Session: Recent advances in optimization and statistical estimation on manifolds
Chair: Krishna Balasubramanian
Cluster: Optimization on Manifolds
Talk 1: Riemannian Coordinate Descent Algorithms on Matrix Manifolds
Speaker: Yunrui Guan
Abstract: Many machine learning applications are naturally formulated as optimization problems on Riemannian manifolds. The main idea behind Riemannian optimization is to maintain the feasibility of the variables while moving along a descent direction on the manifold. This results in updating all the variables at every iteration. In this work, we provide a general framework for developing computationally efficient coordinate descent (CD) algorithms on matrix manifolds that allows updating only a few variables at every iteration while adhering to the manifold constraint. In particular, we propose CD algorithms for various manifolds such as Stiefel, Grassmann, (generalized) hyperbolic, symplectic, and symmetric positive (semi)definite. While the cost per iteration of the proposed CD algorithms is low, we further develop a more efficient variant via a first-order approximation of the objective function. We analyze their convergence and complexity, and empirically illustrate their efficacy in several applications.
Talk 2: Online covariance estimation for stochastic gradient descent under non-smoothness
Speaker: Abhishek Roy
Abstract: We investigate the online overlapping batch-means covariance estimator for Stochastic Gradient Descent (SGD) under non-smoothness and establish convergence rates. Our analysis overcomes significant challenges that arise due to non-smoothness, leading to the introduction of additional error terms and handling manifold structures in the solution path. Moreover, we establish the convergence rate for the first four moments of the $\ell_2$ norm of the error of SGD dynamics under non-smoothness which holds potential interest as an independent result. Numerical simulations are provided to illustrate the practical performance of the proposed methodology.

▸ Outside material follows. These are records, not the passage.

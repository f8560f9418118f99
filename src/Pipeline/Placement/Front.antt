-- ===== src/Pipeline/Placement/Front.antt =====
-- Wake-up, issue, dispatch, decode and fetch keep each instruction in the queue of its stage.
use accelsim_lite.Prelude.{
  ℕ, ◌≡◌, ap, Bool, List, ◌∷◌, arith, count, count-concat, length-modify, get_or-modify, ◌<◌,
  length,
}
use accelsim_lite.Stats.{Stats}
use accelsim_lite.Pipeline.{State, at}
use accelsim_lite.Instruction.{ready, execute, blank, fetch, decode, dispatch}
use accelsim_lite.Pipeline.Placement.{count-slot_indices, IsPlaced}
use accelsim_lite.Pipeline.Front.{
  dispatch_one, decode_one, fetch_one, end_cycle, begin_execution, postpone, wake_up, requeue,
}

pub wake_up-IsPlaced :
    (s : State) (idx : ℕ) (rest : List ℕ)
    → s.dispatch_q ≡ idx ∷ rest
    → IsPlaced s
    → IsPlaced (wake_up idx (record s { dispatch_q = rest }))
unfolding wake_up
wake_up-IsPlaced s idx rest e v = record {
  in_range =
      omega (arith, length-modify s.instructions idx (λ x. record x { stage = ready }), v.in_range);
  places = λ i. ground (
    arith,
    v.places i,
    v.places idx,
    v.in_range,
    ap (count i) e,
    ap (count idx) e,
    count-concat i s.ready_q idx,
    get_or-modify s.instructions idx i (λ x. record x { stage = ready }) blank,
  );
}

pub requeue-IsPlaced :
    (s : State) (idx : ℕ) (rest : List ℕ) (stats : Stats)
    → s.dispatch_q ≡ idx ∷ rest
    → IsPlaced s
    → IsPlaced (requeue idx (record s { dispatch_q = rest; stats = stats }))
unfolding requeue
requeue-IsPlaced s idx rest stats e v = record {
  in_range = v.in_range;
  places = λ i. ground (arith, v.places i, ap (count i) e, count-concat i rest idx);
}

pub begin-IsPlaced :
    (s : State) (idx : ℕ) (rest : List ℕ) (uses_memory : Bool) (in_compute in_memory : ℕ)
    → s.ready_q ≡ idx ∷ rest
    → IsPlaced s
    → IsPlaced (
        begin_execution idx uses_memory
          (record s { ready_q = rest; compute_in_use = in_compute; memory_in_use = in_memory }))
unfolding begin_execution
begin-IsPlaced s idx rest uses_memory in_compute in_memory e v = record {
  in_range = ground (
    arith,
    length-modify s.instructions idx (λ x. record x { stage = execute; issue_cycle = s.cycle }),
    v.in_range,
  );
  places = λ i. ground (
    arith,
    v.places i,
    v.places idx,
    v.in_range,
    ap (count i) e,
    ap (count idx) e,
    count-slot_indices i s.exec_slots
        (record { index = idx; remaining = (at s idx).execute_latency; uses_memory = uses_memory }),
    get_or-modify s.instructions idx i (λ x. record x { stage = execute; issue_cycle = s.cycle })
        blank,
  );
}

pub postpone-IsPlaced :
    (s : State) (idx : ℕ) (rest : List ℕ) (stats : Stats)
    → s.ready_q ≡ idx ∷ rest
    → IsPlaced s
    → IsPlaced (postpone idx (record s { ready_q = rest; stats = stats }))
unfolding postpone
postpone-IsPlaced s idx rest stats e v = record {
  in_range = v.in_range;
  places = λ i. ground (arith, v.places i, ap (count i) e, count-concat i rest idx);
}

pub dispatch_one-IsPlaced :
    (s : State) (idx : ℕ) (rest : List ℕ)
    → s.decode_q ≡ idx ∷ rest
    → IsPlaced s
    → IsPlaced (dispatch_one idx (record s { decode_q = rest }))
unfolding dispatch_one
dispatch_one-IsPlaced s idx rest e v = record {
  in_range =
      omega
        (arith, length-modify s.instructions idx (λ x. record x { stage = dispatch }), v.in_range);
  places = λ i. ground (
    arith,
    v.places i,
    v.places idx,
    v.in_range,
    ap (count i) e,
    ap (count idx) e,
    count-concat i s.dispatch_q idx,
    get_or-modify s.instructions idx i (λ x. record x { stage = dispatch }) blank,
  );
}

pub decode_one-IsPlaced :
    (s : State) (idx : ℕ) (rest : List ℕ)
    → s.fetch_q ≡ idx ∷ rest
    → IsPlaced s
    → IsPlaced (decode_one idx (record s { fetch_q = rest }))
unfolding decode_one
decode_one-IsPlaced s idx rest e v = record {
  in_range =
      omega
        (arith, length-modify s.instructions idx (λ x. record x { stage = decode }), v.in_range);
  places = λ i. ground (
    arith,
    v.places i,
    v.places idx,
    v.in_range,
    ap (count i) e,
    ap (count idx) e,
    count-concat i s.decode_q idx,
    get_or-modify s.instructions idx i (λ x. record x { stage = decode }) blank,
  );
}

pub fetch_one-IsPlaced :
    (s : State) → s.next_to_fetch < length s.instructions → IsPlaced s → IsPlaced (fetch_one s)
unfolding fetch_one
fetch_one-IsPlaced s lt v = record {
  in_range = omega (
    arith,
    length-modify s.instructions s.next_to_fetch
        (λ x. record x { stage = fetch; enqueue_cycle = s.cycle }),
    v.in_range,
  );
  places = λ i. ground (
    arith,
    v.places i,
    count-concat i s.fetch_q s.next_to_fetch,
    get_or-modify s.instructions s.next_to_fetch i
        (λ x. record x { stage = fetch; enqueue_cycle = s.cycle }) blank,
  );
}

pub end_cycle-IsPlaced : (s : State) → IsPlaced s → IsPlaced (end_cycle s)
unfolding end_cycle
end_cycle-IsPlaced s v = record { in_range = v.in_range; places = λ i. omega (arith, v.places i) }
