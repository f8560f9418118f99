-- ===== src/Pipeline/Placement/Steps.antt =====
-- Every move keeps each instruction in the queue of its stage.
use accelsim_lite.Prelude.{true, false, arith}
use accelsim_lite.Config.{SimulatorConfig}
use accelsim_lite.Pipeline.{State}
use accelsim_lite.Pipeline.Moves.{
  Move, retires, advances, wakes, postpones, issues_memory, issues_compute, stalls, dispatches,
  decodes, fetches, ticks, requeues,
}
use accelsim_lite.Pipeline.Placement.{IsPlaced}
use accelsim_lite.Pipeline.Placement.Front.{
  begin-IsPlaced, postpone-IsPlaced, dispatch_one-IsPlaced, decode_one-IsPlaced, fetch_one-IsPlaced,
  end_cycle-IsPlaced, wake_up-IsPlaced, requeue-IsPlaced,
}
use accelsim_lite.Pipeline.Placement.Back.{retire_one-IsPlaced, after_tick-IsPlaced}

pub Move-IsPlaced :
    {config : SimulatorConfig} (s t : State) → Move config s t → IsPlaced s → IsPlaced t
Move-IsPlaced _ _ (retires s idx rest e) v = retire_one-IsPlaced s idx rest e v
Move-IsPlaced _ _ (advances s u e) v = after_tick-IsPlaced s u e v
Move-IsPlaced _ _ (wakes s idx rest e sat room) v = wake_up-IsPlaced s idx rest e v
Move-IsPlaced _ _ (requeues s idx rest stats e same) v = requeue-IsPlaced s idx rest stats e v
Move-IsPlaced _ _ (postpones s idx rest stats e same) v = postpone-IsPlaced s idx rest stats e v
Move-IsPlaced _ _ (issues_memory s idx rest e m free) v =
    begin-IsPlaced s idx rest true s.compute_in_use _ e v
Move-IsPlaced _ _ (issues_compute s idx rest e c free) v =
    begin-IsPlaced s idx rest false _ s.memory_in_use e v
Move-IsPlaced _ _ (stalls s stats same) v = record {
  in_range = v.in_range;
  places = λ i. omega (arith, v.places i);
}
Move-IsPlaced _ _ (dispatches s idx rest e room) v = dispatch_one-IsPlaced s idx rest e v
Move-IsPlaced _ _ (decodes s idx rest e) v = decode_one-IsPlaced s idx rest e v
Move-IsPlaced _ _ (fetches s lt) v = fetch_one-IsPlaced s lt v
Move-IsPlaced _ _ (ticks s) v = end_cycle-IsPlaced s v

Talk 3: Momentum Stiefel optimizer, with applications to suitably-orthogonal attention, and optimal transport
Speaker: Molei Tao
Abstract: The problem of optimization on Stiefel manifold, i.e., minimizing functions of (not necessarily square) matrices that satisfy orthogonality constraints, has been extensively studied. Yet, a new approach is proposed based on, for the first time, an interplay between thoughtfully designed continuous and discrete dynamics. It leads to a gradient-based optimizer with intrinsically added momentum. This method exactly preserves the manifold structure but does not require additional operation to keep momentum in the changing (co)tangent space, and thus has low computational cost and pleasant accuracy. Its generalization to adaptive learning rates is also demonstrated. Notable performances are observed in practical tasks. For instance, we found that placing orthogonal constraints on attention heads of trained-from-scratch Vision Transformer (Dosovitskiy et al., 2020) could markedly improve its performance, when our optimizer is used, and it is better that each head is made orthogonal within itself but not necessarily to other heads. This optimizer also makes the useful notion of Projection Robust Wasserstein Distance (Paty and Cuturi, 2019; Lin et al., 2020) for high-dim. optimal transport even more effective.